In Lucy, who has never belonged and who finds herself the subject of sexual harm in the arms of a fellow college student, whose reputation will be spared simply because he is a he and he comes from a family with wealth and status.
In Mary, who has locked away memory in her body, unable to access it again, but determined to stay locked arm in arm with her twin sister.
In Jess, who has kept Lucy at arm’s length, pouring herself into art and a life lived far from her family.
In Eliza, who cannot see the world, yet who witnesses everything the people around her miss.
In the people who keep secrets, who hoard them out of love, but still can’t ever decide if they’ve made the right choice.
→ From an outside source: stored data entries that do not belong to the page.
-- ===== src/Server/Presence.antt =====
-- The connections of the runners, in any order of their steps.
use network_skill_lab.Prelude.{
  Bool-cases, List, Option, String, Time, [], ap, arith, eq_iff, false, if◌then◌else◌, inl, inr,
  none, refl, some, str_eq, subst, true, ℕ, ◌+◌, ◌==◌, ◌∷◌, ◌≡◌, ◌≤◌,
}
use network_skill_lab.Server.Hub.{
  conn_in, get, register, is_conn, drop_found, unregister, seen, pinged, Hello, Entry, Hub, drop_if,
  new_hub,
}

abbrev pub count : ℕ → List ℕ → ℕ
count c [] = 0
count c (d ∷ ds) = (if d == c then 1 else 0) + count c ds

abbrev holds : ℕ → Option Entry → ℕ
holds c e = if is_conn c (conn_in e) then 1 else 0

-- The second part of `register`, `unregister` and `pinged`, each of a connection.
pub data Step : Type 0 where
  registers : ℕ → Hello → Time → Step
  unregisters : ℕ → Step
  pings : ℕ → ℕ → Time → Step

-- Each connection has the name of its runner for good.
module _ (name_of : ℕ → String) where
  abbrev pub step : Step → Hub → Hub
  step (registers c hello now) h = register c (name_of c) hello now h
  step (unregisters c) h = unregister c (name_of c) h
  step (pings c active now) h = pinged c (name_of c) active now h

  abbrev pub run : List Step → Hub → Hub
  run [] h = h
  run (s ∷ steps) h = run steps (step s h)

  abbrev pub registers_of : ℕ → Step → ℕ
  registers_of c (registers d hello now) = if d == c then 1 else 0
  registers_of c _ = 0

  abbrev pub registrations : ℕ → List Step → ℕ
  registrations c [] = 0
  registrations c (s ∷ steps) = registers_of c s + registrations c steps

  -- How often the callbacks were run for a connection, and whether it is the one of its runner.
  abbrev pub accounted : ℕ → Hub → ℕ
  accounted c h = count c h.notified + (if is_conn c (get (name_of c) h) then 1 else 0)

  register-accounted :
      (c d : ℕ) (hello : Hello) (now : Time) (h : Hub)
      → accounted c (register d (name_of d) hello now h)
        ≤ accounted c h + registers_of c (registers d hello now)
  unfolding register get
  register-accounted c d hello now h = elim (Bool-cases (str_eq (name_of d) (name_of c))) [
    | inl e ↦ rw e (ground arith)
    | inr e ↦ rw e (ground arith)
  ]

  pub entry-same :
      (c d : ℕ) (h : Hub) (e : Entry)
      → str_eq (name_of d) (name_of c) ≡ true
      → h.entries (name_of d) ≡ some e
      → h.entries (name_of c) ≡ some e
  entry-same c d h e same f =
      subst (λ n. h.entries n ≡ some e) ((eq_iff (name_of d) (name_of c)).0 same) f

  other_conn : (c d : ℕ) → str_eq (name_of d) (name_of c) ≡ false → (d == c) ≡ false
  other_conn c d other = elim (Bool-cases (d == c)) [
    | inr differs ↦ differs
    | inl equal ↦
        let eq : d ≡ c = ground (arith, equal) in
        let same = (eq_iff (name_of d) (name_of c)).1 (ap name_of eq) in absurd cc
  ]

  dropped-accounted :
      (c d : ℕ) (h : Hub) (e : Entry)
      → h.entries (name_of d) ≡ some e
      → is_conn d e.conn ≡ true
      → accounted c (drop_if true d (name_of d) e h) ≤ accounted c h
  unfolding get
  dropped-accounted c d h e f g = elim (Bool-cases (str_eq (name_of d) (name_of c))) [
    | inr other ↦ rw (other, other_conn c d other) (omega arith)
    | inl same ↦ let f' = entry-same c d h e same f in rw (same, f') (ground (arith, g))
  ]

  unregister-accounted :
      (c d : ℕ) (h : Hub) → accounted c (unregister d (name_of d) h) ≤ accounted c h
  unfolding unregister get
  unregister-accounted c d h = found (h.entries (name_of d)) refl
    where
      found :
          (o : Option Entry)
          → h.entries (name_of d) ≡ o
          → accounted c (drop_found o d (name_of d) h) ≤ accounted c h
      found none e = omega arith
      found (some e) f = elim (Bool-cases (is_conn d e.conn)) [
        | inr g ↦ rw g (omega arith)
        | inl g ↦ rw g (dropped-accounted c d h e f g)
      ]

  pinged-accounted :
      (c d active : ℕ) (now : Time) (h : Hub)
      → accounted c (pinged d (name_of d) active now h) ≤ accounted c h
  unfolding pinged get
  pinged-accounted c d active now h = found (h.entries (name_of d)) refl
    where
      found :
          (o : Option Entry)
          → h.entries (name_of d) ≡ o
          → accounted c (seen o d (name_of d) active now h) ≤ accounted c h
      found none e = omega arith
      found (some e) f = elim (Bool-cases (is_conn d e.conn)) [
        | inr g ↦ rw g (omega arith)
        | inl g ↦ rw g (elim (Bool-cases (str_eq (name_of d) (name_of c))) [
          | inr other ↦ rw other (omega arith)
          | inl same ↦ let f' = entry-same c d h e same f in rw (same, f') (omega arith)
        ])
      ]

  step-accounted :
      (c : ℕ) (s : Step) (h : Hub) → accounted c (step s h) ≤ accounted c h + registers_of c s
  step-accounted c (registers d hello now) h = register-accounted c d hello now h
  step-accounted c (unregisters d) h = omega (arith, unregister-accounted c d h)
  step-accounted c (pings d active now) h = omega (arith, pinged-accounted c d active now h)

  run-accounted :
      (c : ℕ) (steps : List Step) (h : Hub)
      → accounted c (run steps h) ≤ accounted c h + registrations c steps
  run-accounted c [] h = omega arith
  run-accounted c (s ∷ steps) h =
      omega (arith, run-accounted c steps (step s h), step-accounted c s h)

  -- After any steps of a new hub, the callbacks of `OnDisconnect` were run for a connection no more
  -- often than it was registered, and less often while it is the connection of its runner. So a
  -- connection that registers once is reported once at most, and not while it is in use.
  pub disconnects_once :
      (c : ℕ) (steps : List Step)
      → let h = run steps new_hub in
        count c h.notified + (if is_conn c (get (name_of c) h) then 1 else 0)
        ≤ registrations c steps
  unfolding new_hub get
  disconnects_once c steps = omega (arith, run-accounted c steps new_hub)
In the people who know what a mob will do to them if they catch a whiff of their otherness. In the survivors of sexual assault, of bloated accusations - the ones whose loved ones want them to stay as compact and typical as possible because they’re afraid of losing them.
We are in this story. All of us who were not born as white cishet men. All of us who have fought off predators. All of us who are still uncertain if consent for one thing meant we consented to another (it does not). All of us who have been othered, who have hidden our metaphorical scales and gills below our tight, cracking skin.
“She ached for a glimpse of the coast, a blue slice of sea, even though they had to be miles and miles away, still.
It was as if someone had cast an invisible wire across the land, had caught her between the ribs and pulled.
The sea was in her veins, calling loud as a song.”
Emilia Hart, The Sirens
Emilia Hart has given us a mirror, and she, like all good storytellers, has not attempted to tell us what we should encounter when we look into it. She’s just laid out what is both mundane and what is mythological. In between the two, we find a thin place, a timelessness, a crack in the world that is capable of being a sort of seer.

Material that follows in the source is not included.